While I do think about the miscarriage — of the baby we lost — every day, I’m mostly no longer sad about it. Well, not actively sad about it, anyway. But today I felt sad.
I went in for my annual exam today, and as I sat down in the lab chair for the blood pressure check (114/70, by the way; not great, but not bad), it took me right back to early summer, when I had to go sit in that chair week after week for blood draws to make sure the pregnancy hormone in my system decreased accordingly. (And let me tell you, it feels pretty unjust to suffer early pregnancy symptoms — heartburn, nausea, exhaustion — even after your pregnancy has ended.)

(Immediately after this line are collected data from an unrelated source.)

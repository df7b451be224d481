-- ===== src/Ws/Session.antt =====
-- server/src/ws/ws_server_beast.cpp: what a session does with a command. The messages that it sends
-- are listed in order; the proxy that takes over a session is a parameter.
use task_hub.Json.{Json, JsonCalls, member, string, is_number_integer}
use task_hub.Prelude.{
  ℕ, Text, ◌++◌, ◌≡◌, Text-Eq, ◌+◌, List, [], ◌∷◌, text, ℤ, pos, none, some, is_empty,
  if◌then◌else◌, Option, Bool, false, true, ltb, leb, length, ◌=?◌, ◌||◌, leb_ℤ, ltb_ℤ,
}
use task_hub.Auth.Manager.{AuthManager, validate_token, User}
use task_hub.Worker.Selector.{WorkerInfo, Workers, is_alive}
use task_hub.Ws.Protocol.{
  WsOp, WsTopic, ClientCommand, parse_client_command, channel_task_logs, channel_task_events,
}
pub mod Guards
pub mod Rate

pub record WsSession : Type 0 where
  pub subscriptions : List Text
  pub authed : Bool
  pub proxy_mode : Bool
  pub auth_token : Text
  pub cmd_timestamps : List ℕ
  pub is_closed : Bool
  pub sent : List Text

abbrev pub new_session : WsSession
new_session = record {
  subscriptions = [];
  authed = false;
  proxy_mode = false;
  auth_token = [];
  cmd_timestamps = [];
  is_closed = false;
  sent = [];
}

-- What a command meets: the library's parser, with `none` for an exception, its conversions, the
-- printer of numbers, the registered workers, and whether a proxy connects to a host and a port.
pub record Environment : Type 0 where
  pub parse : Text → Option Json
  pub calls : JsonCalls
  pub print : ℤ → Text
  pub workers : Workers
  pub proxy_starts : Text → ℤ → Bool

-- `std::unordered_set`: insert and erase.
unfoldable pub contains : Text → List Text → Bool
contains c [] = false
contains c (d ∷ ds) = let rest = contains c ds in if d =? c then true else rest

unfoldable pub insert : Text → List Text → List Text
insert c cs = if contains c cs then cs else c ∷ cs

unfoldable pub erase_text : Text → List Text → List Text
erase_text c [] = []
erase_text c (d ∷ ds) = let rest = erase_text c ds in if d =? c then rest else d ∷ rest

abbrev pub max_commands_per_window : ℕ
max_commands_per_window = 30

-- Ten seconds, in nanoseconds.
abbrev pub window : ℕ
window = 10000000000

-- The commands of before the window are forgotten, from the front.
unfoldable pub drop_old : ℕ → List ℕ → List ℕ
drop_old now [] = []
drop_old now (t ∷ ts) = let rest = drop_old now ts in if ltb (t + window) now then rest else t ∷ ts

abbrev pub send_text : Text → WsSession → WsSession
send_text m s = record s { sent = s.sent ++ m ∷ [] }

unfoldable pub find_worker : Text → Workers → Option WorkerInfo
find_worker id [] = none
find_worker id ((k, w) ∷ ws) = let rest = find_worker id ws in if w.id =? id then some w else rest

-- The channel of a command; the empty text is none.
unfoldable pub command_channel : ClientCommand → Text
command_channel cmd = elim cmd.topic [
  | WsTopic.task_logs ↦ channel_task_logs cmd.task_id cmd.run_id
  | WsTopic.task_events ↦ channel_task_events cmd.task_id cmd.run_id
  | WsTopic.unknown_topic ↦ []
]

unfoldable pub run_command : ClientCommand → WsSession → WsSession
run_command cmd s =
    let ch = command_channel cmd in
    elim cmd.op [
      | WsOp.subscribe ↦
          if is_empty ch then s else record s { subscriptions = insert ch s.subscriptions }
      | WsOp.unsubscribe ↦
          if is_empty ch then s else record s { subscriptions = erase_text ch s.subscriptions }
      | WsOp.ping ↦ send_text (text "{\"type\":\"pong\"}") s
      | _ ↦ s
    ]

unfoldable pub proxy_error : Text → WsSession → WsSession
proxy_error m = send_text (text "{\"type\":\"proxy_error\",\"message\":\"" ++ (m ++ text "\"}"))

-- The port that a command asks for, or else 8090; `none` is the exception of the conversion.
unfoldable pub ws_port : JsonCalls → Json → Option ℤ
ws_port c j = elim (member (text "ws_port") j) [
  | none ↦ some (pos 8090)
  | some v ↦
      if is_number_integer v
      then elim (c.get_int v) [
        | none ↦ none
        | some p ↦ if leb_ℤ p (pos 0) || ltb_ℤ (pos 65535) p then some (pos 8090) else some p
      ]
      else some (pos 8090)
]

unfoldable pub is_proxy_command : Json → Bool
is_proxy_command j = elim (member (text "op") j) [ some (string s) ↦ s =? text "proxy" | _ ↦ false ]

-- The session is given over to a worker's, without its subscriptions.
unfoldable pub start_proxy : Environment → Text → ℤ → WorkerInfo → WsSession → WsSession
start_proxy m id port w s =
    if m.proxy_starts w.host port
    then send_text
        (text "{\"type\":\"proxy_ready\",\"worker_id\":\""
          ++ (id ++ (text "\",\"ws_port\":" ++ (m.print port ++ text "}"))))
        (record s { subscriptions = []; proxy_mode = true })
    else proxy_error (text "proxy connect failed") s

-- With the port, and the worker of the id.
unfoldable pub proxy_named :
    Environment → ℕ → Text → Option ℤ → Option WorkerInfo → WsSession → WsSession
proxy_named m worker_now id none found s = s
proxy_named m worker_now id (some port) none s = proxy_error (text "worker not found") s
proxy_named m worker_now id (some port) (some w) s =
    if is_alive worker_now w
    then start_proxy m id port w s
    else proxy_error (text "worker not alive") s

unfoldable pub proxy_command : Environment → ℕ → Json → WsSession → WsSession
proxy_command m worker_now j s = elim (member (text "worker_id") j) [
  | some (string id) ↦
      if s.proxy_mode
      then proxy_error (text "proxy already active") s
      else proxy_named m worker_now id (ws_port m.calls j) (find_worker id m.workers) s
  | _ ↦ proxy_error (text "missing worker_id") s
]

unfoldable pub authed_command : Environment → ℕ → Json → WsSession → WsSession
authed_command m worker_now j s =
    if is_proxy_command j
    then proxy_command m worker_now j s
    else run_command (parse_client_command m.calls j) s

abbrev pub close : WsSession → WsSession
close s = record s { is_closed = true }

-- With the user of the token.
unfoldable pub welcome : Environment → ℕ → Json → Text → Option User → WsSession → WsSession
welcome m worker_now j token none s = close (record s { auth_token = token })
welcome m worker_now j token (some u) s =
    let known = record s { auth_token = token; authed = true } in
    elim (member (text "op") j) [
      | none ↦ send_text (text "{\"type\":\"authed\"}") known
      | some op ↦ authed_command m worker_now j known
    ]

-- The first message of a session carries its token.
unfoldable pub authenticate :
    Environment → ℕ → ℕ → Json → WsSession → AuthManager → WsSession × AuthManager
authenticate m auth_now worker_now j s a = elim (member (text "token") j) [
  | some (string token) ↦ (
    welcome m worker_now j token (validate_token auth_now token a).0 s,
    (validate_token auth_now token a).1,
  )
  | _ ↦ (close s, a)
]

-- The times are those of the steady clock, of the check of the token and of the check of a worker.
unfoldable pub handle_command :
    Environment → ℕ → ℕ → ℕ → Text → WsSession → AuthManager → WsSession × AuthManager
handle_command m now auth_now worker_now payload s a =
    let recent = drop_old now s.cmd_timestamps in
    let counted = record s { cmd_timestamps = recent ++ now ∷ [] } in
    if leb max_commands_per_window (length recent)
    then (close (record s { cmd_timestamps = recent }), a)
    else elim (m.parse payload) [
      | none ↦ (counted, a)
      | some j ↦
          if s.authed
          then (authed_command m worker_now j counted, a)
          else authenticate m auth_now worker_now j counted a
    ]

-- A message is a command, unless a proxy has the session, to which it is passed on.
unfoldable pub on_message :
    Environment → ℕ → ℕ → ℕ → Text → WsSession → AuthManager → WsSession × AuthManager
on_message m now auth_now worker_now payload s a =
    if s.proxy_mode then (s, a) else handle_command m now auth_now worker_now payload s a
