-- ===== src/Ws/Hub.antt =====
-- server/src/ws/ws_hub.cpp, ws_log_streamer.cpp and ws_protocol.h: the sessions of the hub, and the
-- records that are pushed to them; server/src/ws/ws_server_beast.cpp: `send`. The post of a message
-- and its handling are one; nothing is written while a record is pushed.
use task_hub.Runner.ConfigJson.{params_to_fields}
use task_hub.Prelude.{
  ℕ, Text, ◌≡◌, ◌++◌, [], ◌∷◌, ◌||◌, ◌==◌, not, List, Bool, true, suc, map, is_empty, text,
  if◌then◌else◌, pos, leb, false,
}
use task_hub.Json.{Json, string, object_of, unsigned, integer, object}
use task_hub.Ws.Session.{WsSession, contains, send_text, new_session}
use task_hub.Ws.Protocol.{channel_task_logs}
use task_hub.Log.Buffer.{LogRecord, LogLevel, LogStream}
pub mod Delivery

-- A weak pointer, which is live while the session exists; `id` tells the sessions apart, and `waiting`
-- is the length of the session's queue of messages that wait to be written.
pub record Member : Type 0 where
  pub id : ℕ
  pub is_live : Bool
  pub waiting : ℕ
  pub session : WsSession

abbrev pub max_pending_messages : ℕ
max_pending_messages = 512

abbrev pub Hub : Type 0
Hub = List Member

unfoldable pub add_session : ℕ → WsSession → Hub → Hub
add_session id s hub = hub ++ record { id = id; is_live = true; waiting = 0; session = s } ∷ []

unfoldable pub remove_session : ℕ → Hub → Hub
remove_session id [] = []
remove_session id (m ∷ ms) =
    let rest = remove_session id ms in if not m.is_live || m.id == id then rest else m ∷ rest

unfoldable pub session_count : Hub → ℕ
session_count [] = 0
session_count (m ∷ ms) = let rest = session_count ms in if m.is_live then suc rest else rest

-- A session with too many messages that wait is closed and leaves the hub, which is what a pointer to
-- it that is dead does.
unfoldable pub send_to : Text → Member → Member
send_to payload m =
    if leb max_pending_messages m.waiting
    then record m { is_live = false }
    else record m { waiting = suc m.waiting; session = send_text payload m.session }

-- To every session, whether it is known or not.
unfoldable pub broadcast_all : Text → Hub → Hub
broadcast_all payload [] = []
broadcast_all payload (m ∷ ms) =
    let rest = broadcast_all payload ms in if m.is_live then send_to payload m ∷ rest else rest

-- To the sessions that have subscribed to the channel.
unfoldable pub broadcast : Text → Text → Hub → Hub
broadcast channel payload [] = []
broadcast channel payload (m ∷ ms) =
    let rest = broadcast channel payload ms in
    if m.is_live
    then (if contains channel m.session.subscriptions then send_to payload m else m) ∷ rest
    else rest

unfoldable pub level_int : LogLevel → ℕ
level_int LogLevel.debug = 0
level_int LogLevel.info = 1
level_int LogLevel.warn = 2
level_int LogLevel.error = 3

unfoldable pub stream_int : LogStream → ℕ
stream_int LogStream.no_stream = 0
stream_int LogStream.stdout = 1
stream_int LogStream.stderr = 2
stream_int LogStream.event = 3

unfoldable pub build_log_json : ℕ → LogRecord → Json
build_log_json now_ms r =
    let run =
      (if is_empty r.task_id.run_id then [] else (text "run_id", string r.task_id.run_id) ∷ []) in
    object_of (
      (text "type", string (text "log"))
      ∷ (text "task_id", string r.task_id.value)
      ∷ (run
          ++ (text "seq", unsigned r.seq)
            ∷ (text "ts_ms", integer (pos now_ms))
            ∷ (text "level", integer (pos (level_int r.level)))
            ∷ (text "stream", integer (pos (stream_int r.stream)))
            ∷ (text "message", string r.message)
            ∷ (text "duration_ms", integer r.duration_ms)
            ∷ (text "attempt", integer r.attempt)
            ∷ (text "fields", object (params_to_fields r.fields))
            ∷ []))

-- With the library's text of a value, in which what is not UTF-8 is replaced.
unfoldable pub push_log : (Json → Text) → ℕ → LogRecord → Hub → Hub
push_log dump now_ms r hub =
    let payload = dump (build_log_json now_ms r) in
    let task = r.task_id.value in
    let run = r.task_id.run_id in
    if is_empty run
    then broadcast (channel_task_logs task []) payload hub
    else broadcast (channel_task_logs [] run) payload (
        broadcast (channel_task_logs task []) payload
          (broadcast (channel_task_logs task run) payload hub))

In the room catty corner to me, I could see a pregnant woman settling into the recliner by the Doppler machine. She put her feet up and flipped open a People magazine, waiting for the doctor or tech to come in and listen to her baby’s heartbeat. Whoosh whoosh whoosh.
Today it feels unfair.
Because of my faith, I do believe that the baby we conceived, the life that began within me, is not simply just gone. In the early days after, I dreamt about her a lot, and one night, she told me her name. Did she tell me, or did God whisper it in my ear, I don’t know. But I know it didn’t come from me, as her name is not one that was ever on any kind of list, nor is it the name of a family member or a friend’s child. I call her by name in my heart. I mouth it silently and hear it in my mind.
Some day I’ll meet her, the daughter I never got to see or touch. And I’ll say her name out loud.